Scanning two databases for differences

Step-by-step instructions to scan two databases for data differences. This assumes that rubyrep has already been installed.

Step 1: Generate a basic configuration file

This is done with command rubyrep generate myrubyrep.conf

This will generate a configuration file skeleton like this:

RR::Initializer::run do |config|
  config.left = {
    :adapter  => 'postgresql', # or 'mysql'
    :database => 'SCOTT',
    :username => 'scott',
    :password => 'tiger',
    :host     => '172.16.1.1'
  }

  config.right = {
    :adapter  => 'postgresql',
    :database => 'SCOTT',
    :username => 'scott',
    :password => 'tiger',
    :host     => '172.16.1.2'
  }

  config.include_tables 'dept'
  config.include_tables /^e/ # regexp matches all tables starting with e
  # config.include_tables /./ # regexp matches all tables
end

Please note that this is valid ruby code. So you can do whatever you want.

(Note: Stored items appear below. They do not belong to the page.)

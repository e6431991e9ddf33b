-- ===== src/Sha1/Tests.antt =====
-- The digest of the standard's first example.
use obmafs.Prelude.{◌≡◌, refl, [], ◌∷◌, replicate}
use obmafs.Sha1.{
  Sha1Ctx, initial, rotl32, be32, put_be32, put_be64, load_words, expand_words, mixed, round,
  round_loop, transform, sha1_init, copy_in, keep_rest, block_loop, fill_buffer, sha1_update,
  pad_loop, put_state, sha1_final, sha1_hash,
}

abbrev unused : Sha1Ctx
unused = record { state = initial; count = 0; buffer = replicate 64 0 }

abc_digest :
    sha1_hash unused (0x61 ∷ 0x62 ∷ 0x63 ∷ [])
    ≡ 0xA9 ∷ 0x99 ∷ 0x3E ∷ 0x36 ∷ 0x47 ∷ 0x06 ∷ 0x81 ∷ 0x6A ∷ 0xBA ∷ 0x3E ∷ 0x25 ∷ 0x71 ∷ 0x78
      ∷ 0x50 ∷ 0xC2 ∷ 0x6C ∷ 0x9C ∷ 0xD0 ∷ 0xD8 ∷ 0x9D ∷ []
unfolding rotl32 be32 put_be32 put_be64 load_words expand_words mixed round round_loop transform
    initial sha1_init copy_in keep_rest block_loop fill_buffer sha1_update pad_loop put_state
    sha1_final sha1_hash
abc_digest = refl
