-- ===== src/Tests.antt =====
-- A small volume of 40 blocks, on which the code runs and the theorems are applied.
mod Allocation
mod Counts
mod Trees
mod Disk
mod Opening
mod Sectors
mod Digests
mod Changes
mod Regions
mod Files
use obmafs.Prelude.{
  ℕ, ◌+◌, ◌*◌, ◌/◌, ◌<◌, ◌≤◌, ◌^◌, ◌≡◌, ◌≢◌, refl, Bool, true, false, some, none, List, [], ◌∷◌,
  arith, ltb, leb, get_or, inl, inr, if◌then◌else◌, ◌==◌, not, ℕ_discrete, ◌&&◌, length, ◌↔◌, zero,
  suc, ap,
}
use obmafs.Context.{Ctx, Superblock, Result, ok, err, nospc, total_blocks}
use obmafs.Device.{Device, block_write}
use obmafs.Device.Memory.{ram}
use obmafs.Bitmap.{bitmap_set, bitmap_clear, bitmap_is_set, is_set_of, bytes_is_set}
use obmafs.Bitmap.Marking.{is_set-bitmap_set, is_set-bitmap_clear}
use obmafs.Bitmap.Search.{
  find_free, find_free_with, find_free_in, after_pass, scan_pass, pass_loop, scan_word, word_loop,
  extend_run, mask_word, ctz, load_word, load_le, go_on, hint_of,
}
use obmafs.Bitmap.Search.FindFree.{
  IsLoaded, reference, find_free-reference, Answers, find_free_lem, find_free_across_hint,
}
use obmafs.Alloc.{alloc_blocks, take_run, free_blocks}
use obmafs.Alloc.Safety.{IsValid, AllocSpec, alloc_blocks-AllocSpec, Released, free_blocks-Released}
use obmafs.Alloc.History.{
  World, world, update, span, Reach, here, next, take, give_back, start, IsSound, Reach-IsSound,
}

abbrev pub sb : Superblock
sb = record {
  magic = 0x335F5346414D424F;
  guid = 7;
  block_size = 4096;
  dedup_block_size = 65536;
  total_bytes = 163840;
  catalog_lba = 1;
  inode_lba = 2;
  overflow_lba = 3;
  dedup_lba = 4;
  metadata_lba = 5;
  media_tag_lba = 6;
  cd_prefix_lba = 7;
  cd_suffix_lba = 8;
  cd_subchannel_lba = 9;
  metadata_idx_lba = 10;
  refcount_lba = 11;
  checksum_type = 0;
  creation_time = 1700000000;
  next_inode_id = 3;
  bitmap_lba = 12;
  bitmap_blocks = 1;
  keyset_lba = 0;
  keyset_blocks = 0;
  pending_lba = 0;
  pending_blocks = 0;
  btree_clump_size = 4;
  dedup_clump_size = 0;
  revision = 20260224;
  compatible_flags = 0;
  rocompat_flags = 0;
  incompatible_flags = 0;
  volume_label = 65;
  checksum = 0;
  sector_tag_data_lba = 0;
  sector_tag_ref_lba = 0;
  junk_map_lba = 0;
  metadata_numeric_idx_lba = 0;
  user_index_registry_lba = 0;
  reserved = 0;
  checksum2 = 0;
}

-- The first 13 blocks are in use, and the last.
abbrev pub bytes : List ℕ
bytes = 255 ∷ 31 ∷ 0 ∷ 0 ∷ 128 ∷ []

abbrev pub ctx : Ctx
ctx = record { sb = sb; bitmap = some bytes; bitmap_size = 5; next_free_lba = 13 }

abbrev pub beyond : ℕ → ℕ
beyond i = 170

pub beyond_small : (i : ℕ) → beyond i < 256
beyond_small i = omega arith

bytes_small : (i : ℕ) → get_or bytes i 0 < 256
bytes_small zero = omega arith
bytes_small (suc zero) = omega arith
bytes_small (suc (suc zero)) = omega arith
bytes_small (suc (suc (suc zero))) = omega arith
bytes_small (suc (suc (suc (suc zero)))) = omega arith
bytes_small (suc (suc (suc (suc (suc i))))) = omega arith

pub ctx-IsLoaded : IsLoaded ctx bytes
ctx-IsLoaded = record {
  loaded = refl;
  in_memory = omega arith;
  small = bytes_small;
  covers = omega arith;
  bound = omega arith;
}

pub ctx-IsValid : IsValid ctx
ctx-IsValid = (bytes, ctx-IsLoaded)
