-- ===== src/Tests/Allocation.antt =====
-- Runs of the bitmap and of the block allocator (src/lib/bitmap.c, src/lib/btree.c).
use obmafs.Prelude.{
  false, sym, ℕ, ◌+◌, ◌<◌, ◌≤◌, ◌≡◌, refl, Bool, true, some, none, List, [], ◌∷◌, arith, ltb, leb,
  get_or, if◌then◌else◌, ◌==◌, not, ℕ_discrete, ◌&&◌, ◌↔◌, zero, suc, ap,
}
use obmafs.Context.{Ctx, ok, err, nospc, total_blocks}
use obmafs.Bitmap.{bitmap_set, bitmap_clear, bitmap_is_set, is_set_of, bytes_is_set}
use obmafs.Bitmap.Marking.{is_set-bitmap_set, is_set-bitmap_clear}
use obmafs.Bitmap.Search.{
  find_free, find_free_with, find_free_in, after_pass, scan_pass, pass_loop, scan_word, word_loop,
  extend_run, mask_word, ctz, load_word, load_le, go_on,
}
use obmafs.Bitmap.Search.FindFree.{
  IsLoaded, reference, find_free-reference, Answers, find_free_lem, find_free_across_hint,
}
use obmafs.Alloc.{alloc_blocks, take_run, free_blocks}
use obmafs.Alloc.Safety.{AllocSpec, alloc_blocks-AllocSpec, Released, free_blocks-Released}
use obmafs.Alloc.History.{
  World, world, update, span, Reach, here, next, take, give_back, start, IsSound, Reach-IsSound,
}
use obmafs.Tests.{sb, bytes, ctx, beyond, beyond_small, ctx-IsLoaded, ctx-IsValid}

is_set-bitmap_set_example : bitmap_is_set (bitmap_set ctx 20 3) 22 ≡ 1
is_set-bitmap_set_example = is_set-bitmap_set ctx bytes 20 3 22 (refl, omega arith) (omega arith)

is_set-bitmap_clear_example : bitmap_is_set (bitmap_clear ctx 3 2) 4 ≡ 0
is_set-bitmap_clear_example = is_set-bitmap_clear ctx bytes 3 2 4 (refl, omega arith) (omega arith)

find_free-reference_example : find_free ctx beyond 5 ≡ reference ctx 5
find_free-reference_example = find_free-reference ctx-IsLoaded beyond beyond_small 5

find_free_lem_example : Answers ctx 5 (find_free ctx beyond 5)
find_free_lem_example = find_free_lem beyond 5 ctx-IsLoaded beyond_small (omega arith)

-- The search computes.
find_free-test : find_free ctx beyond 5 ≡ ok 13
unfolding find_free find_free_with find_free_in after_pass scan_pass pass_loop scan_word word_loop
    extend_run mask_word ctz load_word load_le go_on
find_free-test = refl

alloc_blocks-test : (alloc_blocks beyond ctx 5).1 ≡ ok 13
unfolding find_free find_free_with find_free_in after_pass scan_pass pass_loop scan_word word_loop
    extend_run mask_word ctz load_word load_le go_on alloc_blocks take_run
alloc_blocks-test = refl

alloc_blocks-AllocSpec_example : AllocSpec ctx 5 (alloc_blocks beyond ctx 5)
alloc_blocks-AllocSpec_example =
    alloc_blocks-AllocSpec beyond 5 ctx-IsValid beyond_small (omega arith)

free_blocks-Released_example : Released ctx 4 3 (free_blocks ctx 4 3).0
free_blocks-Released_example = free_blocks-Released 4 3 ctx-IsValid (omega arith)

-- A caller takes five blocks and gives them back.
abbrev taken_world : World
taken_world = world (alloc_blocks beyond ctx 5).0 (update (λ k. none) 0 (some (span 13 5)))

abbrev returned_world : World
returned_world =
    world (free_blocks (alloc_blocks beyond ctx 5).0 13 5).0 (update taken_world.live 0 none)

returned_world-Reach : Reach (start ctx) returned_world
returned_world-Reach =
    next
      (next here (
        take (start ctx) beyond 5 0 beyond_small (omega arith) refl
          (ap (λ r. ((alloc_blocks beyond ctx 5).0, r)) alloc_blocks-test)))
      (give_back taken_world 0 refl)

Reach-IsSound_example : IsSound ctx returned_world
Reach-IsSound_example = Reach-IsSound ctx-IsValid returned_world-Reach

-- A volume whose free blocks are 14 to 17, with the hint at 16.
abbrev split_bytes : List ℕ
split_bytes = 255 ∷ 63 ∷ 252 ∷ 255 ∷ 255 ∷ []

abbrev split_ctx : Ctx
split_ctx = record { sb = sb; bitmap = some split_bytes; bitmap_size = 5; next_free_lba = 16 }

split_bytes_small : (i : ℕ) → get_or split_bytes i 0 < 256
split_bytes_small zero = omega arith
split_bytes_small (suc zero) = omega arith
split_bytes_small (suc (suc zero)) = omega arith
split_bytes_small (suc (suc (suc zero))) = omega arith
split_bytes_small (suc (suc (suc (suc zero)))) = omega arith
split_bytes_small (suc (suc (suc (suc (suc i))))) = omega arith

split_ctx-IsLoaded : IsLoaded split_ctx split_bytes
split_ctx-IsLoaded = record {
  loaded = refl;
  in_memory = omega arith;
  small = split_bytes_small;
  covers = omega arith;
  bound = omega arith;
}

-- A test of the blocks `i` to `i + n - 1`, and what it says of one of them.
abbrev each : (n i : ℕ) → (ℕ → Bool) → Bool
each zero i test = true
each (suc n) i test = if test i then each n (i + 1) test else false

each-at : (n i j : ℕ) (test : ℕ → Bool) → each n i test ≡ true → i ≤ j → j < i + n → test j ≡ true
each-at zero i j test h lo hi = absurd (omega arith)
each-at (suc n) i j test h lo hi = elim (ℕ_discrete i j) [
  | yes same ↦ rw (sym same) (ground arith)
  | no other ↦ each-at n (i + 1) j test (ground arith) (omega arith) (omega arith)
]

abbrev split_free : ℕ → Bool
split_free j = leb 16 (j + 2) && ltb j 18

abbrev split_test : ℕ → Bool
split_test j = if bitmap_is_set split_ctx j == 0 then split_free j else not (split_free j)

split_ctx-test : each 40 0 split_test ≡ true
unfolding bitmap_is_set is_set_of bytes_is_set
split_ctx-test = refl

split_ctx-free : (j : ℕ) → j < 40 → (bitmap_is_set split_ctx j ≡ 0) ↔ (16 ≤ j + 2) × (j < 18)
split_ctx-free j lt =
    let test = each-at 40 0 j split_test split_ctx-test (omega arith) lt in
    (ground arith, ground arith)

find_free_across_hint_example :
    (find_free split_ctx beyond 3 ≡ err nospc)
    × (14 + 3 ≤ total_blocks split_ctx)
    × ((j : ℕ) → 14 ≤ j → j < 14 + 3 → bitmap_is_set split_ctx j ≡ 0)
find_free_across_hint_example =
    find_free_across_hint beyond 3 2 2 split_ctx-IsLoaded beyond_small (omega arith) (omega arith)
      (omega arith) (omega arith) (omega arith) split_ctx-free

Step 2: Specify how to connect to both databases

rubyrep always works on two databases known as “left” and “right”. Above example should be fairly self-explaining…

Special encodings If your database uses special encodings, you might want to specify them also in the connection paramters. (Apparently especially necessary with MySQL.) Use the :encoding parameter for this. Refer to the according explanations for PostreSQL and MySQL.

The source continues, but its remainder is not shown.